The impact of bacterial and fungal infections on the outcome of patients with liver cirrhosis, liver transplant candidates, and liver transplant recipients remain dramatic despite the advances in antimicrobial therapy and surgical techniques. The mechanisms associated with the increased risk of infections in LC are complex and include genetic predisposition, fecal dysbiosis, disruption of the intestinal barrier causing intestinal hyperpermeability, and multiple immunological deficits (Figure 1). In LTR, immunosuppression and risk factors associated with surgery and prolonged hospital stay represent the main causes for bacterial and fungal infections.
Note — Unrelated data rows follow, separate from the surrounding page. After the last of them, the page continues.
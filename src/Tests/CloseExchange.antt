-- ===== src/Tests/CloseExchange.antt =====
-- A user closes a channel at one end, whose local id is the remote id of the channel at the other end.
use hypercore_protocol_rs.Prelude.{
  suc, ◌≡◌, refl, inr, false, true, none, some, List, [], ◌∷◌, map, length, lookup, bytes_eq, ok,
  arith,
}
use hypercore_protocol_rs.Wire.{Bytes}
use hypercore_protocol_rs.Platform.{message}
use hypercore_protocol_rs.Channels.Handle.{ChannelHandle}
use hypercore_protocol_rs.Channels.Map
use hypercore_protocol_rs.Channels.Map.{ChannelMap}
use hypercore_protocol_rs.Channels.Map.Invariant.{IsMap}
use hypercore_protocol_rs.MessageIo.{MessageIo}
use hypercore_protocol_rs.Protocol.State.{Protocol}
use hypercore_protocol_rs.Protocol.Step.{poll_outbound_write, poll_inbound_read}
use hypercore_protocol_rs.Protocol.OnClose.{Closed, closed_state}
use hypercore_protocol_rs.Protocol.CloseExchange.{poll_outbound_write-closes}
use hypercore_protocol_rs.Protocol.CloseExchange.Sender.{close_of}
use hypercore_protocol_rs.Protocol.CloseExchange.Receiver.{ReadsClose}
use hypercore_protocol_rs.Tests.Rules.{rules}
use hypercore_protocol_rs.Tests.Host.{host}
use hypercore_protocol_rs.Tests.Data.{stream}
use hypercore_protocol_rs.Tests.Sending.{log, accepts, arrivals, leading-map}
use hypercore_protocol_rs.Tests.Receiving.{laws, open_handle, open_state, open_remote, open-IsMap}
use hypercore_protocol_rs.Tests.Conversation.{quiet, frames-Only}

abbrev local_handle : ChannelHandle
local_handle = record {
  discovery_key = 8 ∷ [];
  local_state = some (record { key = 5 ∷ []; local_id = 3 });
  remote_state = some (record { remote_id = 1; remote_capability = none });
  inbound_tx = some 0;
  closed = 0;
}

abbrev sender : Protocol host
sender = record {
  io = record { stream = stream; write_queue = [] };
  is_initiator = true;
  channels = record {
    channels = (8 ∷ [], local_handle) ∷ [];
    local_id = none ∷ none ∷ none ∷ some (8 ∷ []) ∷ [];
    remote_id = none ∷ some (8 ∷ []) ∷ [];
    flags = false ∷ [];
    queues = [] ∷ [];
  };
  command_rx = [];
  outbound_rx = (close_of 3 ∷ []) ∷ [];
  queued_events = [];
  handshake_emitted = true;
}

sender_local : Map.get_local host 3 sender.channels ≡ some local_handle
unfolding Map.get_local Map.id_key Map.key_handle lookup bytes_eq
sender_local = refl

sender-IsMap : IsMap host Unit sender.channels
sender-IsMap = record {
  entries = (
    record {
      under_key = refl;
      local_fits = (omega arith, omega arith);
      remote_fits = (omega arith, omega arith);
      flag_fits = omega arith;
      remote_when = inr tt;
    },
    tt,
  );
  zeroth = refl;
}

abbrev frames : List Bytes
frames = (poll_outbound_write host sender).1.io.stream.outgoing

abbrev receiver : Protocol host
receiver = record open_state {
  io = record { stream = record stream { incoming = map message frames }; write_queue = [] };
}

poll_outbound_write-closes_example :
    ((io : MessageIo host) × (m : ChannelMap host) × Closed host Unit local_handle m
      × (poll_outbound_write host sender ≡ (
        ok tt,
        closed_state host Unit local_handle m (record sender { io = io; outbound_rx = [] }),
      )))
    × ReadsClose host Unit open_handle receiver
        (poll_inbound_read host (suc (length frames)) receiver)
poll_outbound_write-closes_example =
    poll_outbound_write-closes host rules Unit Unit log accepts laws arrivals quiet 3 0
      (suc (length frames)) sender receiver local_handle open_handle frames (omega arith)
      (omega arith) sender-IsMap sender_local refl refl refl refl (leading-map frames)
      (frames-Only frames) (omega arith) open-IsMap open_remote refl (omega arith)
Research into the mechanisms favoring infections in cirrhosis is key to find potential areas of intervention. New strategies to modulate the gut-liver interaction are urgently needed since factors such as systemic inflammation and endotoxemia, that may cause life-threatening complications in LC (e.g., SBP and hepatic encephalopathy), are related to the gut environment[165,166]. Studies on the preservation of microbiome composition and function appeared promising in hematological patients undergoing hematopoietic stem cell transplantation[167]. Preliminary studies on gut microbiota-based therapeutics (e.g., probiotics, prebiotics, rifaximin, etc.) in cirrhosis are ongoing[166], but the impact of targeted intervention on gut dysbiosis, bacterial function, or metabolic state is still unclear.

Studies on cirrhosis-associated immune dysfunction appear also important to understand the patterns of pro-inflammatory or immunodeficient phenotypes that can lead to infection susceptibility and/or organ failure in different phases of liver disease, in order to identify potential markers or specific targets of disease progression[168,169].

Bacterial and fungal infections in LT candidates and recipients are often peculiar and may be characterized by confounding factors that favor delayed diagnosis and poor outcomes. For this reason, research dedicated to the development of rapid and accurate diagnostic tools is urgently needed. This is particularly relevant, considering the exponential increase in MDRO, in order to promote the correct use of antibiotics based on the results of microbiological cultures. Specifically, novel instruments of rapid diagnostics (e.g., matrix assisted laser desorption/ionization time-of-flight mass spectrometry, multiplex polymerase chain reaction platforms, etc.) may allow for prompt identification of pathogens, giving direction to clinicians dealing with severe infections in terms of broadening, discontinuation, and de-escalation of empiric regimens[170,171].

Furthermore, despite the availability of novel antibiotics in recent years, there is currently no consensus on optimal antimicrobial regimens that can safely and effectively treat infections caused by MDR Gram-negative bacteria in immunocompromised hosts. Results from pathogen-directed clinical trials employing novel antibiotics with broad activity are largely awaited. Limitations in the use of new molecules, however, include the scarce clinical experience from real-world studies, the lack of knowledge of their pharmacokinetics principles in immunocompromised patients, and an increased risk of toxicity, especially for combination therapies[172].

Finally, the optimization of current strategies directed towards the prevention and treatment of infections in patients with liver disease and LTR remain a key point for their successful management. Examples are represented by the implementation of dedicated antimicrobial stewardship programs and specific bundled interventions based on transplant centers’ local needs and epidemiology[171,172]. Studies evaluating antimicrobial stewardship programs in transplant recipients, for example, are limited but have shown promising results[173,174]. All these efforts, however, cannot be successful without the constant involvement of multidisciplinary teams, including transplant surgeons, hepatologists, specialists in infectious diseases and infection control, microbiologists, and pharmacologists[175-180].